■ What you will do ■
Each line that contains the word "then" counts once; give the total for the records below and nothing else.

[[ Input data, beginning ]]

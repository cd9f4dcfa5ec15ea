-- ===== src/Pic/Delivery.antt =====
-- The vector of a delivery in src/pic.rs, and the end of its service.
use cuddles.Base.{
  ℕ, ◌+◌, ◌-◌, ◌%◌, ◌^◌, ◌≤◌, ◌<◌, ◌≡◌, refl, ap, true, false, ◌&&◌, some, arith, bit_and, ◌==◌,
  ltb, if◌then◌else◌, testb, testb-zero, ◌>>>◌, holds_under, holds_under_lem,
}
use cuddles.Pic.{
  Pic, set_bit, clear_bit, end_of_interrupt, write_command, ocw2, deliver, acknowledge, next_irq,
}
use cuddles.Pic.Scan.{blocks}
use cuddles.Pic.Valid.{IsValid}
use cuddles.Pic.Service.{clear_bit-set_bit, next_irq_iff}
use cuddles.Pic.Reentry.{acknowledge-deliver, next_irq-In, order-lt}

-- In a valid pair, the vector delivered is the chosen line's offset from its PIC's base, a byte:
-- the addition does not wrap.
pub acknowledge-vector :
    (p : Pic) (l : ℕ)
    → IsValid p
    → next_irq p ≡ some l
    → ((acknowledge p).0 ≡ some ((if ltb l 8 then p.master_base else p.slave_base) + l % 8))
      × ((if ltb l 8 then p.master_base else p.slave_base) + l % 8 < 2 ^ 8)
acknowledge-vector p l v h =
    let small = order-lt l (next_irq-In p l v h) in
    rw (acknowledge-deliver p l h) (deliver-vector small)
  where
    deliver-vector :
        l < 16
        → ((deliver p l).0 ≡ some ((if ltb l 8 then p.master_base else p.slave_base) + l % 8))
          × ((if ltb l 8 then p.master_base else p.slave_base) + l % 8 < 2 ^ 8)
    deliver-vector small =
        unfold deliver in
        ground (arith, small, v.master_base8.0, v.master_base8.1, v.slave_base8.0, v.slave_base8.1)

eoi_table :
    holds_under
      (λ i.
        (bit_and (0x60 + i) 0x10 == 0)
        && (bit_and (0x60 + i) 0x18 == 0)
        && (bit_and (0x60 + i) 7 == i)
        && ((0x60 + i) >>> 5 == 3))
      8
    ≡ true
unfolding holds_under
eoi_table = refl

-- The specific EOI `0x60 | i` clears bit `i` of the in-service register of the PIC it is sent to.
specific_eoi : (isr i : ℕ) → i < 8 → end_of_interrupt (0x60 + i) isr ≡ clear_bit isr i
unfolding end_of_interrupt
specific_eoi isr i h = ground (arith, eoi_facts)
  where
    eoi_facts : (bit_and (0x60 + i) 7 ≡ i) × ((0x60 + i) >>> 5 ≡ 3)
    eoi_facts = ground (arith, holds_under_lem _ 8 i h eoi_table)

write_specific_eoi :
    (port i : ℕ) (p : Pic)
    → i < 8
    → write_command port (0x60 + i) p ≡ ocw2 (port == 0xA0) (0x60 + i) p
unfolding write_command
write_specific_eoi port i p h = ground (arith, holds_under_lem _ 8 i h eoi_table)

-- In a valid pair, a specific EOI to the master ends the service that the delivery of a master
-- line began: the in-service registers are what they were before the delivery.
pub eoi-acknowledge :
    (p : Pic) (l : ℕ)
    → IsValid p
    → l < 8
    → next_irq p ≡ some l
    → let q = write_command 0x20 (0x60 + l) (acknowledge p).1 in
      (q.master_isr ≡ p.master_isr) × (q.slave_isr ≡ p.slave_isr)
eoi-acknowledge p l v low h =
    let free = ((next_irq_iff p l v).0 h).free in
    rw (acknowledge-deliver p l h, write_specific_eoi 0x20 l (deliver p l).1 low) (ends free)
  where
    ends :
        blocks p l ≡ false
        → ((ocw2 false (0x60 + l) (deliver p l).1).master_isr ≡ p.master_isr)
          × ((ocw2 false (0x60 + l) (deliver p l).1).slave_isr ≡ p.slave_isr)
    ends free =
        unfold ocw2 deliver blocks in
        ground (
          arith,
          specific_eoi (set_bit p.master_isr l) l low,
          clear_bit-set_bit p.master_isr l v.master_isr8 low,
        )

-- In a valid pair, where the slave has nothing in service and the cascade line is not in service,
-- a specific EOI to the slave ends the service that the delivery of a slave line began: both in-
-- service registers are what they were before the delivery.
pub eoi-acknowledge_slave :
    (p : Pic) (l : ℕ)
    → IsValid p
    → 8 ≤ l
    → p.slave_isr ≡ 0
    → testb p.master_isr 2 ≡ false
    → next_irq p ≡ some l
    → let q = write_command 0xA0 (0x60 + (l - 8)) (acknowledge p).1 in
      (q.master_isr ≡ p.master_isr) × (q.slave_isr ≡ p.slave_isr)
eoi-acknowledge_slave p l v high quiet line2 h =
    let small = order-lt l (next_irq-In p l v h) in
    rw
      (
        acknowledge-deliver p l h,
        write_specific_eoi 0xA0 (l - 8) (deliver p l).1 (omega (arith, small)),
      )
      (ends (omega (arith, small)))
  where
    ends :
        l - 8 < 8
        → ((ocw2 true (0x60 + (l - 8)) (deliver p l).1).master_isr ≡ p.master_isr)
          × ((ocw2 true (0x60 + (l - 8)) (deliver p l).1).slave_isr ≡ p.slave_isr)
    ends small =
        unfold ocw2 deliver in
        ground (
          arith,
          v.cascaded,
          testb-zero (l - 8),
          ap (λ s. testb s (l - 8)) quiet,
          specific_eoi (set_bit p.slave_isr (l - 8)) (l - 8) small,
          clear_bit-set_bit p.slave_isr (l - 8) v.slave_isr8 small,
          clear_bit-set_bit p.master_isr 2 v.master_isr8 (omega arith),
        )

[[ Input data, end ]]

■ Task solution ■
5